WHAT YOU NEED TO DO:
Output exactly the lines below, starting with the line that has "unsafe_normalize_full-Scaled d laws" and going on through the line that has "(omega (arith, fit_a, fit_b)) (rw", both included, and no other lines.

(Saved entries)

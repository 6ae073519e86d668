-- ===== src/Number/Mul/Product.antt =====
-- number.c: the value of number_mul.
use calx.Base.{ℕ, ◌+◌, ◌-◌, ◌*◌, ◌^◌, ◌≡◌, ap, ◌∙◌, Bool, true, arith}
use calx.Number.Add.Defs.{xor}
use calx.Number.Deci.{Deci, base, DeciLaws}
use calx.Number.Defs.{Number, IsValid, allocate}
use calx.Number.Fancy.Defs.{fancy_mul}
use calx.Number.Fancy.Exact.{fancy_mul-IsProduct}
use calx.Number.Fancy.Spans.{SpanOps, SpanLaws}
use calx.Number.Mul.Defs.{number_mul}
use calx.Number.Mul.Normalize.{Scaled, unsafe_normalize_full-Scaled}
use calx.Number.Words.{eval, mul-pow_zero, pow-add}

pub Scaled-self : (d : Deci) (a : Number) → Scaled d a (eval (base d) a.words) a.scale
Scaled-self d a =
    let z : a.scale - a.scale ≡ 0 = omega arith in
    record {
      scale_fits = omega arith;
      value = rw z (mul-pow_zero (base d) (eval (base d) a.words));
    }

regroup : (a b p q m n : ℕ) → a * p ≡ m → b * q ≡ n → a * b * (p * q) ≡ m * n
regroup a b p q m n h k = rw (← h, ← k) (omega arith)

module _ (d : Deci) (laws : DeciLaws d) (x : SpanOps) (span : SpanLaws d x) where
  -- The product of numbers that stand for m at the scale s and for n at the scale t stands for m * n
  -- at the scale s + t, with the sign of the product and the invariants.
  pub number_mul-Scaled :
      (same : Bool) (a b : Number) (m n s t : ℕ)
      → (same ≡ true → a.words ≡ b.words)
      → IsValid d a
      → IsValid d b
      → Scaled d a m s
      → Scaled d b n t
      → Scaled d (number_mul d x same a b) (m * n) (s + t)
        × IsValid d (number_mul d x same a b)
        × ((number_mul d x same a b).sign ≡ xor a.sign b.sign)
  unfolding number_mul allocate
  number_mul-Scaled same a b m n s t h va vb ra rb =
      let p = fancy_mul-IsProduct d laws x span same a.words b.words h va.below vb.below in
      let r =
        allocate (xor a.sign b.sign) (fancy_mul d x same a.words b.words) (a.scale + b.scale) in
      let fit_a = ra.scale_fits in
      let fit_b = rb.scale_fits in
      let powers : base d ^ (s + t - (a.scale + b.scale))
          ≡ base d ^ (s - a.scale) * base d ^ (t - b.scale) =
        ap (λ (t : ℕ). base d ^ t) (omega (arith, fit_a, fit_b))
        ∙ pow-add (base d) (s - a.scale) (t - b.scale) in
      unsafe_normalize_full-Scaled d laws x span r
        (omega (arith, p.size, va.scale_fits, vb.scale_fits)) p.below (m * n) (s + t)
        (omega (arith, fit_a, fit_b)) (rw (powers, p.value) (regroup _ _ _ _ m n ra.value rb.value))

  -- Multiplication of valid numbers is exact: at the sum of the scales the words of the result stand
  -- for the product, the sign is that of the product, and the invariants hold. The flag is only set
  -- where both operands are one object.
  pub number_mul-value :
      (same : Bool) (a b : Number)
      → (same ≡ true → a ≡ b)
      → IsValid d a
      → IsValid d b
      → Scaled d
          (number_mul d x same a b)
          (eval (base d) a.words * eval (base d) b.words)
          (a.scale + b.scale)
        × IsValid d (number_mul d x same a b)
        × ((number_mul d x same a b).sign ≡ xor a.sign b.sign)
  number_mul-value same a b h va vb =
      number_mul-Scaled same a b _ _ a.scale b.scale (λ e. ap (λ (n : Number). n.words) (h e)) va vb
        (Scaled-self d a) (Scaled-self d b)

EXPECTED ANSWER:
      unsafe_normalize_full-Scaled d laws x span r
        (omega (arith, p.size, va.scale_fits, vb.scale_fits)) p.below (m * n) (s + t)
        (omega (arith, fit_a, fit_b)) (rw (powers, p.value) (regroup _ _ _ _ m n ra.value rb.value))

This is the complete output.